Iazlovsky is the latest in a series of defendants charged in the U.S. District Court for the Central District of California with failing to report income from undeclared accounts held at Israeli banks.
 I will update the spreadsheet later this week.

On Writing: Strunk & White's Elements of Style (7/1/13)

This writing is on Today's Writer's Almanac, here.  Since I recommend Struck and White's Elements of Style (4th Edition 1999), here (Wikipedia entry here) to my students, I thought I would pass the Writer's Almanac Entry on:
It's the birthday of American grammarian William Strunk Jr. (books by this author). (1869), born in Cincinnati, Ohio. He was an English teacher at Cornell for 46 years, and edited works of Shakespeare and James Fenimore Cooper. In 1918, he self-published a little book for the use of his students, called The Elements of Style. It was a 45-page volume intended, according to Strunk's introduction, "to lighten the task of instructor and student by concentrating attention ... on a few essentials, the rules of usage and principles of composition most commonly violated." He revised it in 1935; and in the late 1950s, one of his former students, the writer and New Yorker editor E.B. White, revised and reissued the 1935 edition. It's now colloquially known as "Strunk and White." 
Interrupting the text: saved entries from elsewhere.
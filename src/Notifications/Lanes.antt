-- ===== src/Notifications/Lanes.antt =====
-- The specification of the notifications: two lanes, each with the messages that wait for their
-- consumer and those that it rejected. It knows no exchange, binding or queue name.
use phantom_share.Prelude.{
  ℕ, true, false, ◌+◌, ◌-◌, ◌*◌, String, Bool, not, ◌&&◌, ◌||◌, Option, none, some, List, [], ◌∷◌,
  ◌++◌, str_eq, ltb, if◌then◌else◌,
}
use Prim.Native.Nat.{◌^◌}
use phantom_share.Secrets.Guards.{is_given}
use phantom_share.Amqp.{Message, Broker}
use phantom_share.Notifications.{
  View, Event, viewed, delivered, or_same, Delivery, Kind, email, webhook, mail, post, mail_of,
  post_of, message_of, routing_key_of,
}
use phantom_share.Notifications.Messages.{
  Payload, Json, Smtp, Mail, Post, Alert, Station, or_zero, if_sent, email_payload, webhook_payload,
  text_or_empty, or_unknown, notification_exchange, email_queue, webhook_queue, email_dlq,
  webhook_dlq, dlx, email_routing_key, webhook_routing_key, max_retries, retry_base_delay,
}

pub record Lane : Type 0 where
  pub waiting : List Message
  pub failed : List Message

pub record Lanes : Type 0 where
  pub emails : Lane
  pub webhooks : Lane
  pub exchange : Bool
  pub mails : List Mail
  pub posts : List Post
  pub alerts : List Alert
  pub clock : ℕ

-- A message goes out, or is put with the failed ones.
abbrev pub consumed {ℓ} :
    {A : Type ℓ} → Option A → Message → List Message → List Message → Lane × List A
consumed none m ms failed = (record { waiting = ms; failed = failed ++ m ∷ [] }, [])
consumed (some a) m ms failed = (record { waiting = ms; failed = failed }, a ∷ [])

-- The same for the next message that waits.
abbrev pub consume_next {ℓ} :
    {A : Type ℓ} → (Message → Option A) → List Message → List Message → Lane × List A
consume_next f [] failed = (record { waiting = []; failed = failed }, [])
consume_next f (m ∷ ms) failed = consumed (f m) m ms failed

abbrev pub consume {ℓ} : {A : Type ℓ} → (Message → Option A) → Lane → Lane × List A
consume f l = consume_next f l.waiting l.failed

-- What one retry changes: the lane, the alerts that are new, and the seconds it slept; and whether the
-- retries go on.
pub record Retried : Type 0 where
  pub lane : Lane
  pub alerts : List Alert
  pub slept : ℕ
  pub goes_on : Bool

-- A failed message waits again with one more attempt, or ends in an alert after the last one. Where it
-- is refused it stays, and the retries end.
abbrev pub retry_message : String → Bool → ℕ → Message → List Message → List Message → Retried
retry_message routing_key accepted attempt m waiting ms =
    if ltb max_retries attempt
    then record {
      lane = record { waiting = waiting; failed = ms };
      alerts = record { body = m.body; routing_key = routing_key; attempts = attempt } ∷ [];
      slept = 0;
      goes_on = true;
    }
    else if accepted
    then record {
      lane = record { waiting = waiting ++ record m { attempt = some attempt } ∷ []; failed = ms };
      alerts = [];
      slept = retry_base_delay * 2 ^ (attempt - 1);
      goes_on = true;
    }
    else record {
      lane = record { waiting = waiting; failed = m ∷ ms };
      alerts = [];
      slept = retry_base_delay * 2 ^ (attempt - 1);
      goes_on = false;
    }

abbrev pub retry_failed : String → Bool → List Message → List Message → Option Retried
retry_failed routing_key accepted waiting [] = none
retry_failed routing_key accepted waiting (m ∷ ms) =
    some (retry_message routing_key accepted (or_zero m.attempt + 1) m waiting ms)

abbrev pub lane_of : Kind → Lanes → Lane
lane_of email x = x.emails
lane_of webhook x = x.webhooks

abbrev pub with_lane : Kind → Lane → Lanes → Lanes
with_lane email l x = record x { emails = l }
with_lane webhook l x = record x { webhooks = l }

abbrev pub retried : Kind → Lanes → Retried → Lanes
retried k x r =
    with_lane k r.lane (record x { alerts = x.alerts ++ r.alerts; clock = x.clock + r.slept })

unfoldable pub retry_lane : Kind → Bool → Lanes → Option (Bool × Lanes)
retry_lane k accepted x =
    elim (retry_failed (routing_key_of k) accepted (lane_of k x).waiting (lane_of k x).failed) [
      | none ↦ none
      | some r ↦ some (r.goes_on, retried k x r)
    ]

module _ (json : Json) (smtp : Smtp) where
  abbrev pub spec_deliver : Delivery → Lanes → Lanes
  spec_deliver (mail sent) x =
      let (l, out) = consume (λ m. if_sent sent (mail_of json smtp m)) x.emails in
      record x { emails = l; mails = x.mails ++ out }
  spec_deliver (post accepted) x =
      let (l, out) = consume (λ m. if_sent accepted (post_of json m)) x.webhooks in
      record x { webhooks = l; posts = x.posts ++ out }

-- The broker with the topology of `setup_topology` and the messages of the lanes.
abbrev pub ready : Lane → Lane → Broker
ready e w = record {
  exchanges = notification_exchange ∷ dlx ∷ [];
  queues =
      record {
        name = email_queue;
        arguments = some (record { exchange = dlx; routing_key = email_dlq });
        messages = e.waiting;
      }
      ∷ record {
        name = webhook_queue;
        arguments = some (record { exchange = dlx; routing_key = webhook_dlq });
        messages = w.waiting;
      }
      ∷ record { name = email_dlq; arguments = none; messages = e.failed }
      ∷ record { name = webhook_dlq; arguments = none; messages = w.failed }
      ∷ [];
  bindings =
      record {
        queue = email_queue;
        exchange = notification_exchange;
        routing_key = email_routing_key;
      }
      ∷ record {
        queue = webhook_queue;
        exchange = notification_exchange;
        routing_key = webhook_routing_key;
      }
      ∷ record { queue = email_dlq; exchange = dlx; routing_key = email_dlq }
      ∷ record { queue = webhook_dlq; exchange = dlx; routing_key = webhook_dlq }
      ∷ [];
}

abbrev pub station : Lanes → Station
station x = record {
  broker = ready x.emails x.webhooks;
  exchange = x.exchange;
  mails = x.mails;
  posts = x.posts;
  alerts = x.alerts;
  clock = x.clock;
}

abbrev pub wait : Message → Lane → Lane
wait m l = record l { waiting = l.waiting ++ m ∷ [] }

module _ (json : Json) where
  abbrev pub spec_publish : Kind → Payload → Bool → Lanes → Lanes
  spec_publish k payload accepted x =
      if x.exchange
      then if accepted then with_lane k (wait (message_of json payload) (lane_of k x)) x else x
      else x

abbrev pub is_told_by_mail : Smtp → View → Bool
is_told_by_mail smtp v =
    is_given v.notify_email && not (str_eq smtp.username "" || str_eq smtp.password "")

module _ (json : Json) (smtp : Smtp) where
  -- A view sends a message down each lane that the owner asked for.
  abbrev pub spec_viewed : View → Lanes → Lanes
  spec_viewed v x =
      let ip = or_unknown v.actor_ip in
      let y =
        if is_told_by_mail smtp v
        then spec_publish json email (email_payload (text_or_empty v.notify_email) v.secret_id ip)
            v.email_accepted x
        else x in
      if is_given v.webhook_url
      then spec_publish json webhook (webhook_payload (text_or_empty v.webhook_url) v.secret_id ip)
          v.webhook_accepted y
      else y

  abbrev pub spec_step : Event → Lanes → Lanes
  spec_step (viewed v) x = spec_viewed v x
  spec_step (delivered d) x = spec_deliver json smtp d x
  spec_step (Event.retried k accepted) x = or_same x (retry_lane k accepted x)

  unfoldable pub spec_run : List Event → Lanes → Lanes
  spec_run [] x = x
  spec_run (e ∷ es) x = spec_run es (spec_step e x)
The Elements of Style is full of helpful advice to aspiring writers and students everywhere. In it, one may find such wisdom as, "Instead of announcing what you are about to tell is interesting, make it so," and "Never call a stomach a tummy without good reason." 
American author Dorothy Parker once wrote: "If you have any young friends who aspire to become writers, the second-greatest favor you can do them is to present them with copies of The Elements of Style. The first-greatest, of course, is to shoot them now, while they're happy."